要するに「微妙な関係の男友達を複数作れ、ただし借りは作るな、火遊びはするな」という話である。
「モテるとはなにか?『素敵な男性が次々言い寄ってくる状態』というのは大間違い。『男に自分を口説かせるように仕向ける行動の成果』がモテです」
やはりモテ農夫は豆なのだ。畑は耕してなんぼ、耕さずして実りをえられるのが豊かな地ではなく、耕し甲斐がある地こそ肥沃な大地なのである。
さて、セブ島へ留学して知ったのだけれど、わたしはとても知り合いたがりである。アスペルガー症候群の分類に積極的奇異型というのがあるが、うまいこと名付けたなと思った。
思い返せば小さい頃からこの調子で、よく知らない人についていったり、完全に赤の他人の家に上がり込んだりしていた。
一方、もちおは人とは時間をかけて少しずつ知り合う性格で、妻の知り合いたがりと招きたがりには閉口していた。
もちおは誰に対しても社交的で愛想がよかったが、実際には機知に富む発想と毒舌、そして迎合と妥協を拒む生き方こそが魅力だった。
もちおの情け容赦のない見解は本当に面白くて、言葉選びの秀逸さと間の取り方にはいつも圧倒された。しかし誰にでもやさしくけして人を否定しないという表向きの顔で結局生涯慕われ続けたもちおには、そのギャップを見せられる人がほとんどいなかった。
そんなわけで妻から友人、知人を紹介され、営業時間がのびると疲れてしまって不機嫌になった。面と向かって人付き合いをやめろとはいわなかったが、いつも二人でいたがり、そこに人をなるだけ入れないとなれば結果的に交友は減る。
(いまだからいうけど、妻が入り浸っていたはてなハイクのコミュニティーにもかなりのやきもちを焼いていた。)
こうして二人きりの離れ小島みたいな生活で、最後の三年間は文字通り四六時中一緒にいた。もちおはどんなに長くいても飽きない魅力を持っていたけれど、これでどちらかが先にいなくなったらどうなるだろうとずっと思っていた。そして恐れていたことが思ったよりずっと早く現実になった。
わたしはセブ島へ留学して、国籍や人種が違おうが、言葉が通じなかろうが、出会った人と手当たり次第に知り合いたがるという自分の性を思い出した。
それは今後の生存戦略としても正しい。
人に慕われる年寄りになりたいと思ってきたが、人に慕われるとは自分を慕ってくれる人が次々言い寄ってくる状態ではなく、自分に慕われることを快く思ってくれる、誘ったらうれしく思ってくれる、喜んで楽しい時間を、あるいは悲しみや怒りを、秘密や打ち明け話をともにしてくれる人がいることを指すのではなかろうか。
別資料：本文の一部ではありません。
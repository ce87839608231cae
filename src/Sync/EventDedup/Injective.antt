-- ===== src/Sync/EventDedup/Injective.antt =====
-- The key of an event determines the event.
use invoicing_platform.Prelude.{◌≡◌, ◌≢◌, refl, sym, Option, none, some, [], ◌∷◌, All}
use invoicing_platform.Money.{Text}
use invoicing_platform.Sync.EventDedup.{WebhookEventIdentity, join, with_time, build_event_key}

-- A text without a colon.
abbrev pub HasNoColon : Text → Type 0
HasNoColon s = All (λ c. c ≢ b':') s

-- The first colon splits a joined text.
join-injective :
    (a a' b b' : Text) → HasNoColon a → HasNoColon a' → join a b ≡ join a' b' → (a ≡ a') × (b ≡ b')
join-injective [] [] b b' h h' e = (refl, cc)
join-injective [] (c ∷ a') b b' h (plain, h') e = absurd (plain (cc))
join-injective (c ∷ a) [] b b' (plain, h) h' e = absurd (plain (cc))
join-injective (c ∷ a) (d ∷ a') b b' (plain, h) (plain', h') e =
    let head : c ≡ d = cc in let (same, rest) = join-injective a a' b b' h h' (cc) in (cc, rest)

join-colon : (a b : Text) (o : Text) → HasNoColon o → join a b ≢ o
join-colon [] b [] h e = cc
join-colon [] b (c ∷ o) (plain, h) e = plain (cc)
join-colon (d ∷ a) b [] h e = cc
join-colon (d ∷ a) b (c ∷ o) (plain, h) e = join-colon a b o h (cc)

-- What the key keeps of `lastUpdated`: an empty one counts as none.
abbrev pub time_of : Option Text → Text
time_of none = []
time_of (some s) = s

with_time-injective :
    (o o' : Text) (t t' : Option Text)
    → HasNoColon o
    → HasNoColon o'
    → with_time o t ≡ with_time o' t'
    → (o ≡ o') × (time_of t ≡ time_of t')
with_time-injective o o' none none h h' e = (e, refl)
with_time-injective o o' none (some []) h h' e = (e, refl)
with_time-injective o o' (some []) none h h' e = (e, refl)
with_time-injective o o' (some []) (some []) h h' e = (e, refl)
with_time-injective o o' none (some (c ∷ s)) h h' e = absurd (join-colon o' (c ∷ s) o h (sym e))
with_time-injective o o' (some []) (some (c ∷ s)) h h' e =
    absurd (join-colon o' (c ∷ s) o h (sym e))
with_time-injective o o' (some (c ∷ s)) none h h' e = absurd (join-colon o (c ∷ s) o' h' e)
with_time-injective o o' (some (c ∷ s)) (some []) h h' e = absurd (join-colon o (c ∷ s) o' h' e)
with_time-injective o o' (some (c ∷ s)) (some (d ∷ s')) h h' e =
    join-injective o o' (c ∷ s) (d ∷ s') h h' e

-- The four parts of an identity have no colon.
pub record IsPlain (e : WebhookEventIdentity) : Type 0 where
  pub realm_id : HasNoColon e.realm_id
  pub name : HasNoColon e.name
  pub id : HasNoColon e.id
  pub operation : HasNoColon e.operation

-- Two events whose realm, name, id and operation have no colon share a key only if they agree in all
-- four and in the time of the change, where an empty time is the same as none.
pub build_event_key-injective :
    (e e' : WebhookEventIdentity)
    → IsPlain e
    → IsPlain e'
    → build_event_key e ≡ build_event_key e'
    → (e.realm_id ≡ e'.realm_id)
      × (e.name ≡ e'.name)
      × (e.id ≡ e'.id)
      × (e.operation ≡ e'.operation)
      × (time_of e.last_updated ≡ time_of e'.last_updated)
unfolding build_event_key
build_event_key-injective e e' p p' h =
    let (realm, h1) = join-injective e.realm_id e'.realm_id _ _ p.realm_id p'.realm_id h in
    let (name, h2) = join-injective e.name e'.name _ _ p.name p'.name h1 in
    let (id, h3) = join-injective e.id e'.id _ _ p.id p'.id h2 in
    let (operation, time) =
      with_time-injective e.operation e'.operation e.last_updated e'.last_updated p.operation
        p'.operation h3 in
    (realm, name, id, operation, time)
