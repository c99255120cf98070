-- ===== src/Lib.antt =====
-- NimbusStore (the code's namespace is `nebulastore`): an object store with an S3 gateway whose
-- metadata is kept in RocksDB, and a file system metadata service beside it.
--
-- Parts and files:
-- * Base, Bytes: numbers, lists, and byte strings (`std::string`) with the order of `operator<` and
--   the encodings of words in bytes, little-endian for records and big-endian for ordered keys.
-- * OrderedMap, Rocksdb: the ordered map that a database is, the calls of the RocksDB library that
--   the sources make as an interface (a parameter), and a database in memory that meets it, for
--   the examples.
-- * S3 (include/nebulastore/protocol/s3_*.h): Encoding and Meta are the records and their bytes,
--   Backend the class `MetadataBackend` and `RocksDBBackend`, Store the class `S3MetadataStore`,
--   Types, Router and Xml the requests, `S3Router` and `S3XMLFormatter`, Platform what the handlers
--   call outside the repository (files, MD5, clocks), Handler the class `S3Handler`.
--   A request goes through `S3Router::ParseRequest`, `S3Handler::Handle` chooses a handler, the
--   handler reads and writes the metadata through the store and the content through the files.
-- * SliceTree (include/nebulastore/metadata/slice_tree.h, src/metadata/slice_tree.cpp): the tree of
--   a file's slices, in which a write cuts what it covers.
-- * Metadata (include/nebulastore/metadata/metadata_service.h,
--   src/metadata/metadata_service_impl.cpp, src/metadata/metadata_partition.cpp,
--   include/nebulastore/common/types.h): paths, inodes and directory entries, `MetaPartition` and
--   `MetadataServiceImpl`. Interface is the class `MetadataService`, and RocksdbStore the store of
--   inodes in RocksDB (src/metadata/rocksdb_store.cpp), byte by byte as its casts make it.
-- * Engine (include/nebulastore/metadata/meta_engine.h): `KVMetaEngine` over the class `KVClient`,
--   which is an interface, and `RocksDBKVClient`.
-- * Storage (include/nebulastore/storage/backend.h): the class `StorageBackend`, an interface.
--   Local is `LocalBackend` (src/storage/local_backend.cpp) over a file system, an interface too.
-- * Namespace (src/namespace/service.cpp): the names of a path for S3 and for POSIX, and
--   `NamespaceService`, which reads and writes files through a metadata service and a backend.
-- * IoRing (include/nebulastore/usrbio/ioring.h): the ring buffers and the submissions.
-- * Sync (include/nebulastore/common/semaphore.h): the semaphore of coroutines, as a step relation.
-- * Gateway (src/protocol/s3_gateway.cpp): the second S3 gateway, over the namespace service.
--
-- State is passed explicitly: a backend's function takes the database and returns it beside the
-- result, a handler takes the metadata and the file system. An exception of the library ends a
-- handler with `threw`. Words are natural numbers with `% 2 ^ w` where the code can wrap. Loops are
-- structural recursion over the bytes, the entries or the counter; only the loop of
-- `ParseQueryString` runs on fuel, of which the length of the text is enough. The count of the
-- semaphore, an `int`, is taken as a number that neither overflows nor starts below 0.
--
-- The class `MetadataStore` is an interface to the metadata service; the theorems on the service
-- take the behaviour that it asks for as a hypothesis, which Metadata/RocksdbStore/Laws shows of
-- `RocksDBStore`: inodes below 2^31, words of 32 bits, and times as its decoding shows them.
--
-- Where the language leaves a result undefined, a shift of an `int` by 32 and more is a parameter,
-- and the doubled `max_keys` of `ListObjects` wraps. A write that a file stream loses when it is
-- closed is told apart from the stream's state before, which is all that the code tests. A buffer
-- that is longer than a `std::vector` can be throws.
--
-- Not modelled: the vendored HTTP server, sockets and event loop, loggers and configuration,
-- coroutines as a scheduler, the storage backend for the cloud and the FUSE client,
-- which are input and output; src/metadata/rocksdb_codec.cpp, which nothing declares, compiles or
-- calls; the B-tree index, the bounded queue and the single
-- flight.
mod Base
pub mod Bytes
pub mod Engine
pub mod Gateway
pub mod IoRing
pub mod Metadata
pub mod Namespace
pub mod OrderedMap
pub mod Rocksdb
pub mod S3
pub mod SliceTree
pub mod Storage
pub mod Sync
これからわたしが目指す、人に恵まれた人生とはこれだ。
どうしたら実現できるか。ここで岡田斗志夫式モテ戦略ですよ。
というわけで、ここ数ヶ月ではてな界隈の人たちをお誘いして、各地でお茶を飲んだり空港を見学したり怖い話をしたり通話をしたり二段ベッドの上下に泊まって上段から落としたスマホを拾ってもらったりしていた。
メンバーは男女混合で既婚者もいる。奢ることもあるし、奢られたこともあった。さらに年齢層を上下に広げ、経歴も様々に、国際色豊かに、モテモテ状態を目指していきたい。
「はてこさん、どうしてるかな。話したいな、会いたいな」といつもいつも思ってくれていたもちおはわたしにとって島のようなものだった。心の拠り所だった島が沈んでしまった。
でも、ときどきそんな風に思ってくれる人たちはまだいる。スターをくれたり、お便りをくれたり、贈り物をくれたりもする。そういう人たちは潮が引くと姿を見せる浅瀬の島のようだ。いつもは見えなくて、満潮には拠って立つところがない。でも島はある。
これからもっと増えるかもしれない。
「はてことなんか遊ぶなら、おまえとはもう遊ばない!」といわれる人もいるかと思うので、誰とどこで遊んだかは内緒ね。